Tomorrow’s the Lincoln Half-Marathon and I think I’m getting the day-before-a-race routine down a little bit better. Back in high school, before cross-country or track meets, my stomach would get all tied up in knots and I’d worry about my ability to perform.
Now, I focus on the positives, such as how well I’ve trained, how fun the crowd will be and what a sense of accomplishment I’ll have.
I think this all ties back to one conclusion that my best friend/running buddy Katelyn and I have come to: We are runners not racers.
Instead of stressing about times and beating people, I just get excited to challenge my own body. Rather than having knots in my stomach, I just have a feeling of calm — and delicious food.
Take for example, a banana split for breakfast.
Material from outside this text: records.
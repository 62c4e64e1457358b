-- ===== src/Health/Collector/WellFormed.antt =====
-- The metrics of `collect` of ceph/health.go have a label value for each of their labels.
use ceph_exporter.Base.{
  String, ◌≡◌, refl, Bool, true, false, Option, none, some, List, [], ◌∷◌, ◌++◌, all, all-append,
  both, length, ◌==◌, ==_iff, string_beq, string_eq, if◌then◌else◌,
}
use ceph_exporter.Float.{Float64}
use ceph_exporter.Json.{Json}
use ceph_exporter.Conn.{Conn}
use ceph_exporter.Version.{Version, is_at_least, octopus}
use ceph_exporter.Prometheus.{Desc, Metric}
use ceph_exporter.Prometheus.WellFormed.{is_well_formed, are_well_formed}
use ceph_exporter.Health.Progress.{Progress, reached}
use ceph_exporter.Health.Checks as Checks
use ceph_exporter.Health.States as States
use ceph_exporter.Health.Totals as Totals
use ceph_exporter.Health.Reply.{HealthStats}
use ceph_exporter.Health.Collector as Health
use ceph_exporter.Health.Checks.WellFormed.{
  is_fit, is_sound, going-is_sound, panicked-is_sound, zero-is_fit, >>=-is_sound, send_all-is_fit,
  read_summaries-is_sound, read_checks-is_sound, set_status-is_fit,
}

module _ (fl : Float64) where
  open fl use {Value}

  read_health-is_sound :
      (visit : Health.Visit) (v : Version) (stats : HealthStats fl) (p : Progress fl)
      → is_fit fl p ≡ true
      → is_sound fl (Health.read_health fl visit v stats p) ≡ true
  unfolding Health.read_health
  read_health-is_sound visit v stats p h =
      >>=-is_sound fl (Checks.read_summaries fl stats.summaries _) _
        (read_summaries-is_sound fl stats.summaries _
          (set_status-is_fit fl stats.status _ (zero-is_fit fl p h)))
        (λ q k. read_checks-is_sound fl v (Health.is_empty p.checks) (visit stats.checks) q k)

  -- The gauges of the states have no labels.
  state_metrics-are_well_formed :
      (m : States.Counters fl) (gauges : List (String × Desc))
      → all (λ (state, d). length d.labels == 0) gauges ≡ true
      → are_well_formed (States.state_metrics fl m gauges) ≡ true
  unfolding States.state_metrics
  state_metrics-are_well_formed m [] h = refl
  state_metrics-are_well_formed m ((state, d) ∷ rest) h =
      let (h1, h2) =
        both (length d.labels == 0) (all (λ (state, d). length d.labels == 0) rest) h in
      rw ((==_iff (length d.labels) 0).0 h1) (state_metrics-are_well_formed m rest h2)

  send_states-are_well_formed :
      (ps : List (States.PgsByState fl)) → are_well_formed (States.send_states fl ps) ≡ true
  unfolding States.send_states
  send_states-are_well_formed ps =
      state_metrics-are_well_formed (States.count_pgs fl (States.no_counts fl) ps)
        States.pg_state_gauges refl

  mirrors-are_well_formed :
      (daemons : List (String × Json)) → are_well_formed (Totals.mirror_metrics fl daemons) ≡ true
  unfolding Totals.mirror_metrics
  mirrors-are_well_formed [] = refl
  mirrors-are_well_formed ((name, j) ∷ rest) =
      all-append is_well_formed
        (if string_beq name "summary" then [] else Totals.up fl (Totals.decode_daemon fl j))
        (Totals.mirror_metrics fl rest) (go (string_beq name "summary") (Totals.decode_daemon fl j))
        (mirrors-are_well_formed rest)
    where
      go :
          (b : Bool) (o : Option String) → are_well_formed (if b then [] else Totals.up fl o) ≡ true
      go true o = refl
      go false none = refl
      go false (some id) = refl

  send_totals-is_sound :
      (v : Version) (stats : HealthStats fl) (p : Progress fl)
      → is_fit fl p ≡ true
      → is_sound fl (Health.send_totals fl v stats p) ≡ true
  unfolding Health.send_totals
  send_totals-is_sound v stats p h =
      go (Totals.by_version fl (is_at_least v octopus) stats.osd_map) _ (
        send_all-is_fit fl _ p
          (all-append is_well_formed (States.send_states fl stats.pg_map.pgs_by_state)
            (Totals.rate_metrics fl stats.pg_map)
            (send_states-are_well_formed stats.pg_map.pgs_by_state) refl)
          h)
    where
      others : List (Metric Value)
      others =
          Totals.manager_metrics fl (Totals.managers fl (is_at_least v octopus) stats.mgr_map)
          ++ Totals.mirror_metrics fl stats.mirror_daemons

      totals : Totals.OsdMap fl → List (Metric Value)
      totals o = Totals.osd_metrics fl o stats.pg_map ++ others

      go :
          (o : Option (Totals.OsdMap fl)) (q : Progress fl)
          → is_fit fl q ≡ true
          → is_sound fl (Health.send_osds fl v stats o q) ≡ true
      go none q k = panicked-is_sound fl q k
      go (some o) q k = going-is_sound fl (Health.send_all fl (totals o) q) (
          send_all-is_fit fl (totals o) q
            (all-append is_well_formed (Totals.osd_metrics fl o stats.pg_map) others refl (
              all-append is_well_formed
                (Totals.manager_metrics fl
                  (Totals.managers fl (is_at_least v octopus) stats.mgr_map))
                (Totals.mirror_metrics fl stats.mirror_daemons) refl
                (mirrors-are_well_formed stats.mirror_daemons)))
            k)

  pub collect-are_well_formed :
      (visit : Health.Visit) (conn : Conn) (v : Version) (c : Health.ClusterHealthCollector fl)
      → are_well_formed (reached (Health.collect fl visit conn v c)).sent ≡ true
  unfolding Health.collect is_sound is_fit
  collect-are_well_formed visit conn v c = go (Health.stats_reply fl conn)
    where
      go :
          (o : Option (HealthStats fl))
          → are_well_formed (reached (Health.collect_stats fl visit v o (Health.begin fl c))).sent
            ≡ true
      go none = refl
      go (some stats) =
          >>=-is_sound fl (Health.read_health fl visit v stats (Health.begin fl c))
            (Health.send_totals fl v stats)
            (read_health-is_sound visit v stats (Health.begin fl c) refl)
            (λ q k. send_totals-is_sound v stats q k)
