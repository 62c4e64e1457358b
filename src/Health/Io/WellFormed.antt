-- ===== src/Health/Io/WellFormed.antt =====
-- The metrics of the client, recovery and cache rates of ceph/health.go have no labels.
use ceph_exporter.Base.{
  ℕ, length, text_eq, ◌≡◌, refl, Bool, true, false, Option, none, some, List, [], ◌∷◌, ◌++◌,
  all-append, ℤ, Text, codes, if◌then◌else◌,
}
use ceph_exporter.Base.Result.{Result, ok, err}
use ceph_exporter.Float.{Float64}
use ceph_exporter.Prometheus.{Desc, Metric}
use ceph_exporter.Prometheus.WellFormed.{is_well_formed, are_well_formed}
use ceph_exporter.Version.Decimal.{atoi, NumError}
use ceph_exporter.Health.Io as Io
use ceph_exporter.Health.FlagDescs
use ceph_exporter.Health.Io.Patterns.{byte_rate, client_io_ops, number_before, recovery_io_rate}

module _ (fl : Float64) where
  open fl use {Value}

  unfoldable is_fit : Io.Sent fl → Bool
  is_fit s = are_well_formed s.0

  then_send-is_fit :
      (a b : Io.Sent fl) → is_fit a ≡ true → is_fit b ≡ true → is_fit (Io.then_send fl a b) ≡ true
  unfolding is_fit
  then_send-is_fit (ms, true) (ms', goes_on) h k = all-append is_well_formed ms ms' h k
  then_send-is_fit (ms, false) b h k = h

  nothing-is_fit : is_fit ([], true) ≡ true
  unfolding is_fit
  nothing-is_fit = refl

  append-is_fit :
      (ms ms' : List (Metric Value))
      → is_fit (ms, true) ≡ true
      → is_fit (ms', true) ≡ true
      → is_fit (ms ++ ms', true) ≡ true
  unfolding is_fit
  append-is_fit ms ms' h k = all-append is_well_formed ms ms' h k

  sample-is_fit :
      (d : Desc) (x : Value) → length d.labels ≡ 0 → is_fit (Io.sample fl d x ∷ [], true) ≡ true
  unfolding is_fit
  sample-is_fit d x h = rw h refl

  scaled-is_fit :
      (d : Desc) (v : ℤ) (o : Option ℕ) → length d.labels ≡ 0 → is_fit (Io.scaled fl d v o) ≡ true
  unfolding is_fit
  scaled-is_fit d v none h = refl
  scaled-is_fit d v (some k) h = rw h refl

  send_rate-is_fit :
      (d : Desc) (found : Option (Text × Text))
      → length d.labels ≡ 0
      → is_fit (Io.send_rate fl d found) ≡ true
  unfolding is_fit
  send_rate-is_fit d none h = refl
  send_rate-is_fit d (some (digits, unit)) h = go (atoi digits)
    where
      go :
          (r : Result NumError ℤ)
          → is_fit (elim r [ ok v ↦ Io.scaled fl d v (Io.scale unit) | err e ↦ Io.fails fl ]) ≡ true
      go (ok v) = scaled-is_fit d v (Io.scale unit) h
      go (err e) = refl

  sent_count-is_fit :
      (d : Desc) (o : Option ℤ) → length d.labels ≡ 0 → is_fit (Io.sent_count fl d o, true) ≡ true
  unfolding is_fit
  sent_count-is_fit d none h = refl
  sent_count-is_fit d (some v) h = rw h refl

  with_count-is_fit :
      (o : Option (Option ℤ)) (next : Option ℤ → Io.Sent fl)
      → ((n : Option ℤ) → is_fit (next n) ≡ true)
      → is_fit (Io.with_count fl o next) ≡ true
  unfolding is_fit
  with_count-is_fit none next h = refl
  with_count-is_fit (some n) next h = h n

  send_count-is_fit :
      (d : Desc) (found : Option Text)
      → length d.labels ≡ 0
      → is_fit (Io.send_count fl d found) ≡ true
  send_count-is_fit d found h =
      with_count-is_fit (Io.counted fl found) (λ n. (Io.sent_count fl d n, true))
        (λ n. sent_count-is_fit d n h)

  collect_client_io-is_fit : (line : Text) → is_fit (Io.collect_client_io fl line) ≡ true
  unfolding Io.collect_client_io
  collect_client_io-is_fit line =
      then_send-is_fit _ _
        (then_send-is_fit
          (Io.send_rate fl FlagDescs.client_read_bytes_per_sec (byte_rate "/s rd" line))
          (Io.send_rate fl FlagDescs.client_write_bytes_per_sec (byte_rate "/s wr" line))
          (send_rate-is_fit FlagDescs.client_read_bytes_per_sec _ refl)
          (send_rate-is_fit FlagDescs.client_write_bytes_per_sec _ refl))
        (with_count-is_fit (Io.counted fl (client_io_ops line)) _ (λ total.
          with_count-is_fit (Io.counted fl (number_before " op/s rd" line)) _ (λ reads.
            then_send-is_fit (Io.sent_count fl FlagDescs.client_io_read_ops reads, true) _
              (sent_count-is_fit FlagDescs.client_io_read_ops reads refl)
              (with_count-is_fit (Io.counted fl (number_before " op/s wr" line)) _ (λ writes.
                append-is_fit _ _ (sent_count-is_fit FlagDescs.client_io_write_ops writes refl) (
                  sample-is_fit FlagDescs.client_io_ops (Io.total_ops fl total reads writes)
                    refl))))))

  collect_recovery_io-is_fit : (line : Text) → is_fit (Io.collect_recovery_io fl line) ≡ true
  unfolding Io.collect_recovery_io
  collect_recovery_io-is_fit line =
      then_send-is_fit _ (Io.send_count fl FlagDescs.recovery_io_objects _)
        (then_send-is_fit (Io.send_rate fl FlagDescs.recovery_io_rate _)
          (Io.send_count fl FlagDescs.recovery_io_keys _)
          (send_rate-is_fit FlagDescs.recovery_io_rate (recovery_io_rate line) refl)
          (send_count-is_fit FlagDescs.recovery_io_keys (number_before " keys/s" line) refl))
        (send_count-is_fit FlagDescs.recovery_io_objects (number_before " objects/s" line) refl)

  collect_cache_io-is_fit : (line : Text) → is_fit (Io.collect_cache_io fl line) ≡ true
  unfolding Io.collect_cache_io
  collect_cache_io-is_fit line =
      then_send-is_fit _ (Io.send_count fl FlagDescs.cache_promote_io_ops _)
        (then_send-is_fit (Io.send_rate fl FlagDescs.cache_flush_io_rate _)
          (Io.send_rate fl FlagDescs.cache_evict_io_rate _)
          (send_rate-is_fit FlagDescs.cache_flush_io_rate (byte_rate "/s flush" line) refl)
          (send_rate-is_fit FlagDescs.cache_evict_io_rate (byte_rate "/s evict" line) refl))
        (send_count-is_fit FlagDescs.cache_promote_io_ops (number_before " op/s promote" line) refl)

  -- A branch that fits, whichever it is.
  if-is_fit :
      (b : Bool) (s s' : Io.Sent fl)
      → is_fit s ≡ true
      → is_fit s' ≡ true
      → is_fit (if b then s else s') ≡ true
  if-is_fit true s s' h k = h
  if-is_fit false s s' h k = k

  collect_line-is_fit : (line : Text) → is_fit (Io.collect_line fl line) ≡ true
  unfolding Io.collect_line
  collect_line-is_fit line =
      if-is_fit _ (Io.collect_recovery_io fl line) _ (collect_recovery_io-is_fit line) (
        if-is_fit _ (Io.collect_client_io fl line) _ (collect_client_io-is_fit line) (
          if-is_fit _ (Io.collect_cache_io fl line) ([], true) (collect_cache_io-is_fit line)
            nothing-is_fit))

  collect_lines-is_fit : (ls : List Text) → is_fit (Io.collect_lines fl ls) ≡ true
  unfolding Io.collect_lines
  collect_lines-is_fit [] = nothing-is_fit
  collect_lines-is_fit (l ∷ ls) =
      if-is_fit (text_eq (Io.trim_space l) (codes "cluster:")) ([], true) _ nothing-is_fit
        (then_send-is_fit (Io.collect_line fl (Io.trim_space l)) (Io.collect_lines fl ls)
          (collect_line-is_fit (Io.trim_space l)) (collect_lines-is_fit ls))

  pub collect_recovery_client_io-is_fit :
      (reply : Option Text) → are_well_formed (Io.collect_recovery_client_io fl reply).0 ≡ true
  unfolding Io.collect_recovery_client_io is_fit
  collect_recovery_client_io-is_fit none = refl
  collect_recovery_client_io-is_fit (some text) = collect_lines-is_fit (Io.lines text)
With the race tomorrow, I decided to take today off from running. Still, I did do some “running” around town to take care of a few errands.
Storage space for the furniture that Dan and I are hauling back from Lincoln? Check.
Donations at Goodwill so that we can later fit that stuff in the apartment? Check.
Some sandwiches for dinner on the road? Check.
Then I was back home for one final task: packing.
I’ve found that the best strategy with packing for races away from home, is to lay it all out before putting anything into a suitcase.
That way, I can see exactly what elements of the outfit I do and do not have. This race is supposed to start off chilly, so I’m bringing a windbreaker as well as a t-shirt and tank top. I’ll decide between the t-shirt and tank tomorrow.
By setting things out, I can also see what extras I need.
I have a Vitamin Water to dilute with water, a few shot bloks, gum, bobby pins, my watch and Claratin — and, as I’m writing this, I’m making a mental note to grab and charge my iPod.
Now it’s all good to be packed!
With all the need-to-dos out of the way, I spared some time to make travel snacks.
Peanut Butter and Jelly Hand Pies
Adapted from “The Family Kitchen.”
- 1 C whole-wheat flour
- 1 C all-purpose flour
- 1 T sugar
- 1/4 t salt
- 1/4 C cold buttery spread, diced
- 1/4 C canola oil
- 1/3 C ice-cold water
- 1 egg, lightly beaten (optional)
- Peanut butter
- All-fruit spread
- In a medium-sized bowl, whisk together flours, sugar and salt. Using two forks, cut in butter and canola oil until the flour is crumbly. Then knead in the ice cold water until all the flour is combined.
- Form the dough into a firm ball and set aside for 10 minutes. Then lightly flour a working board and roll the dough into a large square, 1/8″ thick. Cut dough into about 18 squares and make 9 pairs with the rectangles.
- With one half of the rectangles, spread a little peanut butter, leaving a little perimeter of dough. Repeat with other halves, but with fruit spread. Sandwich the peanut butter halves with the jam halves. Using the tip of a fork, crimp the edges on both sides of the pastries.
- Place the pastries on a baking sheet and glaze with the whisked egg, which adds sheen.
- Bake in a 375 degree oven for 14-18 minutes, until lightly browned. Allow to cool on a rack.
Whereas Pop Tarts used to get my stomach in knots with all the sugar and foreign ingredients, these are simply perfect.
They also pair quite well with a smoothie for lunch.
Now my bags are packed, sandwiches are ready to go and I’m just waiting for Dan so we can hit the road!
See you after my third half-marathon!
Questions: How do you avoid keeping your stomach from getting tied up in knots? Do you have a pre-race packing strategy?